- _Exercise aim_: Look below for the line that contains "a ys ≡ true", then copy it and each following line exactly, through and including the line that contains "split_arches-keeps false (y".

- _Supplied material_:

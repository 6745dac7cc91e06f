-- ===== src/Stresstally/Judge/Flaws.antt =====
-- When the list of problems stays empty.
use text.Mathlib.Text.{◌==◌ as str_eq}
use text.Mathlib.TextEquality.{eq_iff}
use text.Mathlib.TextPositions.{eq_refl}
use mathlib.Core.Path.{subst}
use probatorium.Base.{
  ◌+◌, ◌<◌, ltb, ◌==◌, ◌&&◌, not, Bool, true, List, [], ◌∷◌, String, contains, ◌≡◌, ◌↔◌, refl, sym,
  is_nil, arith, Bool-cases, inl, inr, count, count-Perm, insertion_sort, insertion_sort-perm,
  str_lt,
}
use probatorium.Stresstally.Judge.Shards.{ShardReport, TestRow}
use probatorium.Stresstally.Judge.Problems.{
  ArchTotal, problem_failures, problem_unparsed, problem_missing, problem_wrong_shape,
  problem_nothing_ran, arch_total, add_if, arch_problems, find_problems, total_arches,
}
use probatorium.Stresstally.Judge.Report.{sort_strings}

pub is_nil-add_if :
    (cond : Bool) (p : String) (ps : List String)
    → is_nil (add_if cond p ps) ≡ (is_nil ps && not cond)
unfolding add_if contains
is_nil-add_if cond p [] = ground arith
is_nil-add_if cond p (x ∷ ps) = ground arith

-- Nothing of an arch's total is a problem.
pub record Flawless (t : ArchTotal) : Type 0 where
  pub no_fail : t.fail ≡ 0
  pub no_unparsed : t.unparsed ≡ 0
  pub no_missing : t.missing ≡ 0
  pub no_wrong_shape : t.wrong_shape ≡ 0
  pub some_ran : 0 < t.pass

flawless : ArchTotal → Bool
flawless t =
    (((not (ltb 0 t.fail) && not (ltb 0 t.unparsed)) && not (ltb 0 t.missing))
      && not (ltb 0 t.wrong_shape))
    && not (t.pass + t.fail == 0)

is_nil-arch_problems :
    (t : ArchTotal) (ps : List String) → is_nil (arch_problems t ps) ≡ (is_nil ps && flawless t)
unfolding arch_problems flawless
is_nil-arch_problems t ps =
    let a = is_nil-add_if (ltb 0 t.fail) problem_failures ps in
    let ps1 = add_if (ltb 0 t.fail) problem_failures ps in
    let b = is_nil-add_if (ltb 0 t.unparsed) problem_unparsed ps1 in
    let ps2 = add_if (ltb 0 t.unparsed) problem_unparsed ps1 in
    let d = is_nil-add_if (ltb 0 t.missing) problem_missing ps2 in
    let ps3 = add_if (ltb 0 t.missing) problem_missing ps2 in
    let e = is_nil-add_if (ltb 0 t.wrong_shape) problem_wrong_shape ps3 in
    let ps4 = add_if (ltb 0 t.wrong_shape) problem_wrong_shape ps3 in
    let f = is_nil-add_if (t.pass + t.fail == 0) problem_nothing_ran ps4 in
    ground (arith, a, b, d, e, f)

flawless-Flawless : (t : ArchTotal) → (flawless t ≡ true) ↔ Flawless t
unfolding flawless
flawless-Flawless t = (
  λ h. record {
    no_fail = ground arith;
    no_unparsed = ground arith;
    no_missing = ground arith;
    no_wrong_shape = ground arith;
    some_ran = ground arith;
  },
  λ f.
      let a = f.no_fail in
      let b = f.no_unparsed in
      let d = f.no_missing in
      let e = f.no_wrong_shape in let g = f.some_ran in ground (arith, a, b, d, e, g),
)

arch_problems-nil :
    (t : ArchTotal) (ps : List String)
    → (is_nil (arch_problems t ps) ≡ true) ↔ ((is_nil ps ≡ true) × Flawless t)
unfolding arch_problems
arch_problems-nil t ps =
    let e = is_nil-arch_problems t ps in
    let (to, from) = flawless-Flawless t in
    (
      λ h. (ground (arith, e), to (ground (arith, e))),
      λ h. let k = from h.1 in ground (arith, e, k),
    )

contains-head : (a y : String) (ys : List String) → str_eq a y ≡ true → contains a (y ∷ ys) ≡ true
unfolding contains
contains-head a y ys h = rw h refl

pub find_problems-nil :
    (arches : List String) (shards : List ShardReport) (tests : List TestRow) (ps : List String)
    → (is_nil (find_problems (total_arches arches shards tests) ps) ≡ true) ↔ (
        (is_nil ps ≡ true)
        × ((a : String) → contains a arches ≡ true → Flawless (arch_total a shards tests)))
unfolding find_problems total_arches contains
find_problems-nil [] shards tests ps = (λ h. (h, λ a no. ground arith), λ h. h.0)
find_problems-nil (y ∷ ys) shards tests ps =
    let t = arch_total y shards tests in
    let (to, from) = find_problems-nil ys shards tests (arch_problems t ps) in
    let (first, back) = arch_problems-nil t ps in
    (
      λ h.
          let k = to h in
          let f = first k.0 in
          (
            f.0,
            λ a m. elim (Bool-cases (str_eq a y)) [
              | inl e ↦
                  subst (λ z. Flawless (arch_total z shards tests)) (sym ((eq_iff a y).0 e)) f.1
              | inr e ↦ k.1 a (ground arith)
            ],
          ),
      λ h. from (back (h.0, h.1 y (contains-head y y ys (eq_refl y))), λ a m. h.1 a (ground arith)),
    )

is_nil-count : (xs : List String) → is_nil xs ≡ (count (λ x. true) xs == 0)
is_nil-count [] = refl
is_nil-count (x ∷ xs) = ground arith

pub is_nil-sort_strings : (xs : List String) → is_nil (sort_strings xs) ≡ is_nil xs
unfolding sort_strings
is_nil-sort_strings xs =
    let e = count-Perm (λ x. true) (insertion_sort-perm str_lt xs) in
    let a = is_nil-count (insertion_sort str_lt xs) in
    let b = is_nil-count xs in ground (arith, e, a, b)
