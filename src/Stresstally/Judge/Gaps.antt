-- ===== src/Stresstally/Judge/Gaps.antt =====
-- When no test is a gap: each test that a row shows as run on one arch of the case ran on every
-- arch of the case.
use text.Mathlib.Text.{◌==◌ as str_eq}
use text.Mathlib.TextEquality.{eq_iff}
use text.Mathlib.TextPositions.{eq_refl}
use mathlib.Core.Path.{subst}
use probatorium.Base.{
  ltb, ◌&&◌, ◌||◌, not, Bool, true, false, List, [], ◌∷◌, ◌++◌, String, contains, ◌≡◌, ◌↔◌, refl,
  sym, ap, ◌∙◌, is_nil, arith, Bool-cases, inl, inr, sum, length,
}
use probatorium.Stresstally.Judge.Shards.{TestRow}
use probatorium.Stresstally.Judge.Problems.{
  arch_gaps, gaps_of, split_arches, ran_on, has_key, test_order,
}
use probatorium.Stresstally.Judge.Tally.{weigh_row}

not_in_nil : (a : String) → ¬ (contains a [] ≡ true)
unfolding contains
not_in_nil a m = ground arith

contains-head : (a : String) (ys : List String) → contains a (a ∷ ys) ≡ true
unfolding contains
contains-head a ys = let e = eq_refl a in ground (arith, e)

-- A test that ran on one of the arches ran on each of them.
abbrev pub RanOnAll : List TestRow → List String → String × String → Type 0
RanOnAll tests arches k =
    (a b : String)
    → contains a arches ≡ true
    → contains b arches ≡ true
    → ran_on tests k a ≡ true
    → ran_on tests k b ≡ true

abbrev pub at_key_and_arch : String × String → String → String → String → String → Bool
at_key_and_arch k arch pkg name a = str_eq pkg k.0 && (str_eq name k.1 && str_eq a arch)

pub ran_on-weigh :
    (tests : List TestRow) (k : String × String) (arch : String)
    → ran_on tests k arch
      ≡ ltb 0 (sum (weigh_row (at_key_and_arch k arch) (λ r. r.processes)) tests)
unfolding ran_on
ran_on-weigh [] k arch = refl
ran_on-weigh (r ∷ tests) k arch = let ih = ran_on-weigh tests k arch in ground (arith, ih)

module _ (tests : List TestRow) (k : String × String) where
  contains-other :
      (a y : String) (ys : List String) (wanted : Bool)
      → contains a (y ∷ ys) ≡ true
      → ran_on tests k a ≡ wanted
      → ran_on tests k y ≡ not wanted
      → contains a ys ≡ true
  unfolding contains
  contains-other a y ys wanted m h n = elim (Bool-cases (str_eq a y)) [
    | inl e ↦ let p = ap (ran_on tests k) ((eq_iff a y).0 e) in ground (arith, p)
    | inr e ↦ ground arith
  ]

  -- An arch whose mark is the wanted one is kept.
  split_arches-keeps :
      (wanted : Bool) (arches : List String) (a : String)
      → contains a arches ≡ true
      → ran_on tests k a ≡ wanted
      → is_nil (split_arches wanted tests k arches) ≡ false
  unfolding split_arches
  split_arches-keeps wanted [] a m h = absurd (not_in_nil a m)
  split_arches-keeps true (y ∷ ys) a m h = elim (Bool-cases (ran_on tests k y)) [
    | inl e ↦ rw e refl
    | inr e ↦ rw e (split_arches-keeps true ys a (contains-other a y ys true m h e) h)
  ]
  split_arches-keeps false (y ∷ ys) a m h = elim (Bool-cases (ran_on tests k y)) [
    | inl e ↦ rw e (split_arches-keeps false ys a (contains-other a y ys false m h e) h)
    | inr e ↦ rw e refl
  ]

  abbrev KeptArch : Bool → List String → Type 0
  KeptArch wanted arches = (a : String) × (contains a arches ≡ true) × (ran_on tests k a ≡ wanted)

  KeptArch-tail :
      (wanted : Bool) (y : String) (ys : List String)
      → KeptArch wanted ys
      → KeptArch wanted (y ∷ ys)
  unfolding contains
  KeptArch-tail wanted y ys (a, m, h) = (a, ground arith, h)

  split_arches-kept :
      (wanted : Bool) (arches : List String)
      → is_nil (split_arches wanted tests k arches) ≡ false
      → KeptArch wanted arches
  unfolding split_arches
  split_arches-kept wanted [] h = ground arith
  split_arches-kept true (y ∷ ys) h = elim (Bool-cases (ran_on tests k y)) [
    | inl e ↦ (y, contains-head y ys, e)
    | inr e ↦ KeptArch-tail true y ys (split_arches-kept true ys (ground (arith, h, e)))
  ]
  split_arches-kept false (y ∷ ys) h = elim (Bool-cases (ran_on tests k y)) [
    | inl e ↦ KeptArch-tail false y ys (split_arches-kept false ys (ground (arith, h, e)))
    | inr e ↦ (y, contains-head y ys, e)
  ]

  -- A test is a gap just where it ran on one arch and not on another.
  abbrev is_gap : List String → Bool
  is_gap arches =
      not (is_nil (split_arches true tests k arches))
      && not (is_nil (split_arches false tests k arches))

  no_gap-RanOnAll : (arches : List String) → (is_gap arches ≡ false) ↔ RanOnAll tests arches k
  no_gap-RanOnAll arches = (
    λ h a b m n r. elim (Bool-cases (ran_on tests k b)) [
      | inl e ↦ e
      | inr e ↦
          let on = split_arches-keeps true arches a m r in
          let off = split_arches-keeps false arches b n e in ground (arith, h, on, off)
    ],
    λ all. elim (Bool-cases (is_nil (split_arches true tests k arches))) [
      | inl e ↦ ground (arith, e)
      | inr e ↦ elim (Bool-cases (is_nil (split_arches false tests k arches))) [
        | inl f ↦ ground (arith, e, f)
        | inr f ↦
            let (a, m, r) = split_arches-kept true arches e in
            let (b, n, s) = split_arches-kept false arches f in
            let t = all a b m n r in ground (arith, s, t)
      ]
    ],
  )

has_key-snoc :
    (pkg name : String) (keys : List (String × String)) (k : String × String)
    → has_key pkg name (keys ++ k ∷ [])
      ≡ (has_key pkg name keys || (str_eq k.0 pkg && str_eq k.1 name))
unfolding has_key
has_key-snoc pkg name [] k = ground arith
has_key-snoc pkg name (x ∷ keys) k = let ih = has_key-snoc pkg name keys k in ground (arith, ih)

has_key-test_order :
    (tests : List TestRow) (keys : List (String × String)) (k : String × String) (a : String)
    → (has_key k.0 k.1 keys || ran_on tests k a) ≡ true
    → has_key k.0 k.1 (test_order tests keys) ≡ true
unfolding test_order ran_on
has_key-test_order [] keys k a h = ground arith
has_key-test_order (r ∷ tests) keys k a h = elim (Bool-cases (has_key r.pkg r.name keys)) [
  | inl e ↦ rw e (
      has_key-test_order tests keys k a (elim (Bool-cases (str_eq r.pkg k.0 && str_eq r.name k.1)) [
        | inl f ↦
            let p = (eq_iff r.pkg k.0).0 (ground (arith, f)) in
            let q = (eq_iff r.name k.1).0 (ground (arith, f)) in
            let g : has_key k.0 k.1 keys ≡ true = cc in ground (arith, g)
        | inr f ↦ ground (arith, f, h)
      ]))
  | inr e ↦
      let s = has_key-snoc k.0 k.1 keys (r.pkg, r.name) in
      rw e (has_key-test_order tests (keys ++ (r.pkg, r.name) ∷ []) k a (ground (arith, s, h)))
]

gaps_of-nil :
    (tests : List TestRow) (arches : List String) (keys : List (String × String))
    → is_nil (gaps_of tests arches keys) ≡ true
    → (pkg name : String) → has_key pkg name keys ≡ true
    → RanOnAll tests arches (pkg, name)
unfolding gaps_of has_key
gaps_of-nil tests arches [] h pkg name m = ground arith
gaps_of-nil tests arches (k ∷ keys) h pkg name m = elim (Bool-cases (is_gap tests k arches)) [
  | inl e ↦ ground (arith, h, e)
  | inr e ↦ elim (Bool-cases (str_eq k.0 pkg && str_eq k.1 name)) [
    | inl f ↦
        let p = (eq_iff k.0 pkg).0 (ground (arith, f)) in
        let q = (eq_iff k.1 name).0 (ground (arith, f)) in
        let all = (no_gap-RanOnAll tests k arches).0 e in
        let on_pkg = subst (λ z. RanOnAll tests arches (z, k.1)) p all in
        subst (λ z. RanOnAll tests arches (pkg, z)) q on_pkg
    | inr f ↦ gaps_of-nil tests arches keys (ground (arith, h, e)) pkg name (ground (arith, m, f))
  ]
]

nil-gaps_of :
    (tests : List TestRow) (arches : List String) (keys : List (String × String))
    → ((k : String × String) → RanOnAll tests arches k)
    → is_nil (gaps_of tests arches keys) ≡ true
unfolding gaps_of
nil-gaps_of tests arches [] all = refl
nil-gaps_of tests arches (k ∷ keys) all =
    let e = (no_gap-RanOnAll tests k arches).1 (all k) in rw e (nil-gaps_of tests arches keys all)

one_arch :
    (arches : List String) (a b : String)
    → ltb (length arches) 2 ≡ true
    → contains a arches ≡ true
    → contains b arches ≡ true
    → a ≡ b
unfolding contains
one_arch [] a b h m n = ground arith
one_arch (y ∷ []) a b h m n =
    (eq_iff a y).0 (ground (arith, m)) ∙ sym ((eq_iff b y).0 (ground (arith, n)))
one_arch (y ∷ z ∷ ys) a b h m n = ground arith

pub arch_gaps-nil :
    (tests : List TestRow) (arches : List String)
    → (is_nil (arch_gaps tests arches) ≡ true) ↔ ((k : String × String) → RanOnAll tests arches k)
unfolding arch_gaps
arch_gaps-nil tests arches = elim (Bool-cases (ltb (length arches) 2)) [
  | inl e ↦ rw e (
    λ _ k a b m n r. subst (λ z. ran_on tests k z ≡ true) (one_arch arches a b e m n) r,
    λ _. refl,
  )
  | inr e ↦ rw e (
    λ h k a b m n r.
        gaps_of-nil tests arches (test_order tests []) h k.0 k.1
          (has_key-test_order tests [] k a (ground (arith, r))) a b m n r,
    λ all. nil-gaps_of tests arches (test_order tests []) all,
  )
]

- _Result of this exercise_:
      → contains a ys ≡ true
  unfolding contains
  contains-other a y ys wanted m h n = elim (Bool-cases (str_eq a y)) [
    | inl e ↦ let p = ap (ran_on tests k) ((eq_iff a y).0 e) in ground (arith, p)
    | inr e ↦ ground arith
  ]

  -- An arch whose mark is the wanted one is kept.
  split_arches-keeps :
      (wanted : Bool) (arches : List String) (a : String)
      → contains a arches ≡ true
      → ran_on tests k a ≡ wanted
      → is_nil (split_arches wanted tests k arches) ≡ false
  unfolding split_arches
  split_arches-keeps wanted [] a m h = absurd (not_in_nil a m)
  split_arches-keeps true (y ∷ ys) a m h = elim (Bool-cases (ran_on tests k y)) [
    | inl e ↦ rw e refl
    | inr e ↦ rw e (split_arches-keeps true ys a (contains-other a y ys true m h e) h)
  ]
  split_arches-keeps false (y ∷ ys) a m h = elim (Bool-cases (ran_on tests k y)) [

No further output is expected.